FURTHERMORE
By Gerry Moran
Saturday 1.05 a.m. approx. I’m bedding down for the night. I switch off the inside lights, switch on the outside ones and check to see if there are any unsavoury characters lurking in the dark. There aren’t but what I do see is a black cat sitting outside my backdoor. A black cat that I have never seen in my entire life. I open the door expecting the cat to scamper off into the night. It doesn’t. Instead, much to my surprise, it approaches me with pleading eyes and a pitiful meow. I know that meow – it’s a hungry meow. A very hungry meow. I talk to the cat – who are you, where did you come from and what the hell are you doing here in ‘my’ feral cat’s territory who has only just vacated the patio after a feed of beef in gravy. The cat, needless to say, doesn’t answer but comes nearer and meows more hungrily. This cat, I’m realising, is starving. Is desperate. So desperate in fact that it is practically in my face and much to my amazement, allows me to rub her/him (or should I say ‘they’) Which I do. (‘my’ feral cat, by the way, which I’ve been feeding for five years or more has never let me get near enough to rub it) Anyway, as the hungry meow grows louder I go to my feral cat’s stash of grub and rip open a pouch of chicken with gravy which the black cat devours as I am literally emptying the pouch damn near ‘taking the hand off me’. I open another – devoured in seconds and another, ditto. Starving might have been an understatement. At last, hunger sated the cat then gives itself the most vigorous cleaning I have ever seen a cat indulge in. And then – off into the night leaving me with several unanswered questions: where has this cat, which is obviously, domesticated, come from? Has it been abandoned? And why is it so hungry? Puzzled, I lock up and head to bed.
Sunday, 12.30 a.m. approx. Well holy God as Miley used say – but the black cat is back, sitting outside my backdoor and meowing as hungrily as ever. More pouches of cat food but this time when finished it comes over to me and slithers in between my legs into our hall! Oh, Oh! This cat is really missing home. Much as I’d like to offer it a home, or at least a bed for the night, I am not in a B&B cat-zone right now. And besides what would ‘my’ feral cat think – knowing that a black stranger, literally, has wormed its way into my affections and home! Something it never attempted, or seemed interest in. But still. Indeed there could well be blue murder if the black cat and the feral cat cross paths outside my backdoor. Furthermore – I would most definitely be in the dog house if my good wife came down to breakfast and found a strange black cat curled up on the couch. Because that is precisely where the black cat would park itself. This cat is used to its comforts, a bit of luxury even which is why I am perplexed as to why it’s ‘out on the street’ so to speak, hungry, lost and looking for a bed.
Homeward bound!
I do hope the black cat (I refuse to call it Blackie, too clichéd while I have never given our feral cat a name – we just call it the Cat) finds its way home and why not considering that Howie, a plucky Persian, traversed 1000 miles (1600 kilometres approx.) of desert, rivers and wilderness in the Australian outback to find his owner when she moved home.

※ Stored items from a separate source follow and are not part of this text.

-- ===== src/Recovery/Durable/Agrees.antt =====
-- The replay and the journal of `DurableAudit` in crates/uf-daemon/src/ddr_recovery_durable.rs agree.
use uflow.Prelude.{
  ℕ, ◌≡◌, refl, ap, bytes_beq, ◌∙◌, List, [], ◌∷◌, ◌++◌, true, false, Result, ok, Result-cases, inl,
  inr, arith,
}
use uflow.Prelude.Text.{Str}
use uflow.Recovery.Audit.Types.{Event}
use uflow.Recovery.Audit.State.{AuditReplay, observed_drain}
use uflow.Recovery.Audit.Apply.{apply, apply_kind, replay}
use uflow.Recovery.Audit.Checkpoint.{Idle, clean_checkpoint-Idle}
use uflow.Recovery.Audit
use uflow.Recovery.Journal.Frame.{IoError, Kind, clean_checkpoint}
use uflow.Recovery.Journal.Head.{Head}
use uflow.Recovery.Journal.Append.{append_dirty, append_clean_after_drain, is_dedicated}
use uflow.Recovery.Journal.Store.{AnchoredJournal}
use uflow.Recovery.Journal.Chain.{Entry}
use uflow.Recovery.Journal.Ledger.{Logs}
use uflow.Recovery.Journal.Grown.{Accepted, grown, grown_head}
use uflow.Recovery.Journal.Appends.{append_dirty-Logs, append_clean_after_drain-Logs}
use uflow.Recovery.Durable.{
  DurableAudit, is_joined, publish, append_encoded, record_live, record_transition, recording,
  forget_head, head_result, append_checkpoint, checkpoint_event, checkpoint_after_drain,
}

-- The entries are the records of the events, one by one.
abbrev pub Records : (Event → Result Str Entry) → List Event → List Entry → Type 0
Records encode [] [] = Unit
Records encode (e ∷ es) (entry ∷ entries) = (encode e ≡ ok entry) × Records encode es entries
Records encode _ _ = ⊥

Records-append :
    (encode : Event → Result Str Entry) (es : List Event) (e : Event) (entries : List Entry)
    (entry : Entry)
    → Records encode es entries
    → encode e ≡ ok entry
    → Records encode (es ++ (e ∷ [])) (entries ++ (entry ∷ []))
Records-append encode [] e [] entry before now = (now, tt)
Records-append encode [] e (x ∷ xs) entry before now = absurd before
Records-append encode (y ∷ ys) e [] entry before now = absurd before
Records-append encode (y ∷ ys) e (x ∷ xs) entry (first, before) now =
    (first, Records-append encode ys e xs entry before now)

replay-append :
    (seals : ℕ) (s t u : AuditReplay) (es : List Event) (e : Event)
    → replay seals s es ≡ ok t
    → apply seals t e ≡ ok u
    → replay seals s (es ++ (e ∷ [])) ≡ ok u
unfolding replay
replay-append seals s t u [] e before now = ground (arith, before, now)
replay-append seals s t u (x ∷ es) e before now = elim (Result-cases (apply seals s x)) [
  | inr (y, bad) ↦ absurd (ground (arith, before, bad))
  | inl (v, there) ↦ rw there (replay-append seals v t u es e (ground (arith, before, there)) now)
]

-- The journal holds the records of the events, and the replay has taken the events from its start.
pub record Agrees (seals : ℕ) (encode : Event → Result Str Entry) (d : DurableAudit)
    (start : AuditReplay) (events : List Event) (entries : List Entry) : Type 0 where
  pub usable : d.poisoned ≡ false
  pub held : Logs d.journal entries
  pub encoded : Records encode events entries
  pub replayed : replay seals start events ≡ ok d.replay

abbrev pub after_record : DurableAudit → AuditReplay → Entry → DurableAudit
after_record d candidate entry = record d {
  journal = grown d.journal d.broker false entry;
  replay = candidate;
}

module _ (seals : ℕ) (encode : Event → Result Str Entry) (d : DurableAudit) (event : Event) where
  transition_live :
      d.poisoned ≡ false
      → record_transition seals encode (ok tt) (ok tt) event d
        ≡ record_live seals encode (ok tt) (ok tt) event d
  unfolding record_transition
  transition_live usable = ground (arith, usable)

  append_done :
      (candidate : AuditReplay) (kind : Kind) (payload : List ℕ) {head : Head}
      {journal : AnchoredJournal}
      → append_dirty (ok tt) (ok tt) d.broker kind payload d.journal ≡ (ok head, journal)
      → append_encoded seals encode (ok tt) (ok tt) d candidate (kind, payload)
        ≡ (ok tt, record d { journal = journal; replay = candidate })
  unfolding append_encoded publish
  append_done candidate kind payload appended =
      ap
        (λ (p : Result IoError Head × AnchoredJournal).
          let (r, j) = p in publish d candidate (forget_head r) j)
        appended

  live_done :
      (candidate : AuditReplay) (entry : Entry)
      → apply seals d.replay event ≡ ok candidate
      → encode event ≡ ok entry
      → record_live seals encode (ok tt) (ok tt) event d
        ≡ append_encoded seals encode (ok tt) (ok tt) d candidate entry
  unfolding record_live
  live_done candidate entry applied written = rw (record_live, applied, written) refl

  recording_open :
      is_joined event.kind ≡ false
      → recording seals encode (ok tt) (ok tt) event d
        ≡ record_transition seals encode (ok tt) (ok tt) event d
  unfolding recording
  recording_open direct = rw direct refl

-- Where the journal, whose files are in place, holds the records of some events, the replay has taken these events
-- and the audit is not poisoned, an event is recorded that is no drain or checkpoint, that the replay accepts, and
-- whose record the journal accepts and is not of a kind for a checkpoint or a recovery: the journal then holds its
-- record as well, and the replay has taken it too.
pub recording-Agrees :
    (seals : ℕ) (encode : Event → Result Str Entry) (d : DurableAudit)
    (start candidate : AuditReplay) (events : List Event) (entries : List Entry) (event : Event)
    (kind : Kind) (payload : List ℕ)
    → Agrees seals encode d start events entries
    → is_joined event.kind ≡ false
    → apply seals d.replay event ≡ ok candidate
    → encode event ≡ ok (kind, payload)
    → is_dedicated kind ≡ false
    → Accepted d.journal entries d.broker (kind, payload) false false
    → (recording seals encode (ok tt) (ok tt) event d
        ≡ (ok tt, after_record d candidate (kind, payload)))
      × Agrees seals encode
          (after_record d candidate (kind, payload))
          start
          (events ++ (event ∷ []))
          (entries ++ ((kind, payload) ∷ []))
recording-Agrees seals encode d start candidate events entries event kind payload agrees direct
      applied written open_kind accepted =
    let (appended, logs, _) =
      append_dirty-Logs d.journal entries d.broker kind payload agrees.held open_kind accepted in
    (
      recording_open seals encode d event direct
          ∙ transition_live seals encode d event agrees.usable
          ∙ live_done seals encode d event candidate (kind, payload) applied written
          ∙ append_done seals encode d event candidate kind payload appended,
      record {
        usable = agrees.usable;
        held = logs;
        encoded = Records-append encode events event entries (kind, payload) agrees.encoded written;
        replayed =
            replay-append seals start d.replay candidate events event agrees.replayed applied;
      },
    )

abbrev pub after_checkpoint : DurableAudit → AuditReplay → List ℕ → DurableAudit
after_checkpoint d candidate payload = record d {
  journal = grown d.journal d.broker true (clean_checkpoint, payload);
  replay = candidate;
}

module _ (seals : ℕ) (encode : Event → Result Str Entry) (d : DurableAudit)
    (candidate : AuditReplay) (payload : List ℕ) where
  checkpoint_appended :
      {head : Head} {journal : AnchoredJournal}
      → append_clean_after_drain (ok tt) (ok tt) d.broker payload d.journal ≡ (ok head, journal)
      → append_checkpoint seals encode (ok tt) (ok tt) d candidate (clean_checkpoint, payload)
        ≡ (ok head, record d { journal = journal; replay = candidate })
  unfolding append_checkpoint
  checkpoint_appended appended =
      ap
        (λ (p : Result IoError Head × AnchoredJournal).
          let (r, j) = p in head_result d candidate r j)
        appended

  checkpoint_done :
      (broker : Str)
      → d.poisoned ≡ false
      → bytes_beq broker d.broker ≡ true
      → apply seals d.replay (checkpoint_event d) ≡ ok candidate
      → encode (checkpoint_event d) ≡ ok (clean_checkpoint, payload)
      → checkpoint_after_drain seals encode (ok tt) (ok tt) broker d
        ≡ append_checkpoint seals encode (ok tt) (ok tt) d candidate (clean_checkpoint, payload)
  unfolding checkpoint_after_drain
  checkpoint_done broker usable same applied written =
      ground (arith, usable, same, applied, written)

  checkpoint-Idle : apply seals d.replay (checkpoint_event d) ≡ ok candidate → Idle d.replay
  unfolding apply apply_kind
  checkpoint-Idle applied =
      elim (Result-cases (Audit.Apply.clean_checkpoint d.replay (observed_drain d.replay 0 0))) [
        | inr (e, bad) ↦ absurd (ground (arith, applied, bad))
        | inl (t, there) ↦ clean_checkpoint-Idle d.replay t (observed_drain d.replay 0 0) there
      ]

-- Where the journal, whose files are in place, holds the records of some events, the replay has taken these events
-- and the audit is not poisoned, a checkpoint for a drain of the audit's own broker is taken, if the replay accepts
-- it, it is encoded as a clean checkpoint, and the journal accepts this: the journal then holds its record as well,
-- the replay has taken it too, and before it nothing was held.
pub checkpoint_after_drain-Agrees :
    (seals : ℕ) (encode : Event → Result Str Entry) (d : DurableAudit)
    (start candidate : AuditReplay) (events : List Event) (entries : List Entry) (broker : Str)
    (payload : List ℕ)
    → Agrees seals encode d start events entries
    → bytes_beq broker d.broker ≡ true
    → apply seals d.replay (checkpoint_event d) ≡ ok candidate
    → encode (checkpoint_event d) ≡ ok (clean_checkpoint, payload)
    → Accepted d.journal entries d.broker (clean_checkpoint, payload) true false
    → (checkpoint_after_drain seals encode (ok tt) (ok tt) broker d ≡ (
      ok (grown_head d.journal d.broker true (clean_checkpoint, payload)),
      after_checkpoint d candidate payload,
    ))
      × Agrees seals encode
          (after_checkpoint d candidate payload)
          start
          (events ++ (checkpoint_event d ∷ []))
          (entries ++ ((clean_checkpoint, payload) ∷ []))
      × Idle d.replay
checkpoint_after_drain-Agrees seals encode d start candidate events entries broker payload agrees
      same applied written accepted =
    let (appended, logs) =
      append_clean_after_drain-Logs d.journal entries d.broker payload agrees.held accepted in
    (
      checkpoint_done seals encode d candidate payload broker agrees.usable same applied written
          ∙ checkpoint_appended seals encode d candidate payload appended,
      record {
        usable = agrees.usable;
        held = logs;
        encoded =
            Records-append encode events (checkpoint_event d) entries (clean_checkpoint, payload)
              agrees.encoded written;
        replayed =
            replay-append seals start d.replay candidate events (checkpoint_event d) agrees.replayed
              applied;
      },
      checkpoint-Idle seals encode d candidate payload applied,
    )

And then there was Tom (how original) who traversed the United States, travelling approximately 2,500 miles (4000 kilometres approx.) from St. Petersburg in Florida to find his owners in their new home in San Gabriel, California. It took him just over two years and his journey is thought to be the longest by a cat on record. In the meantime, anyone out there missing a black cat?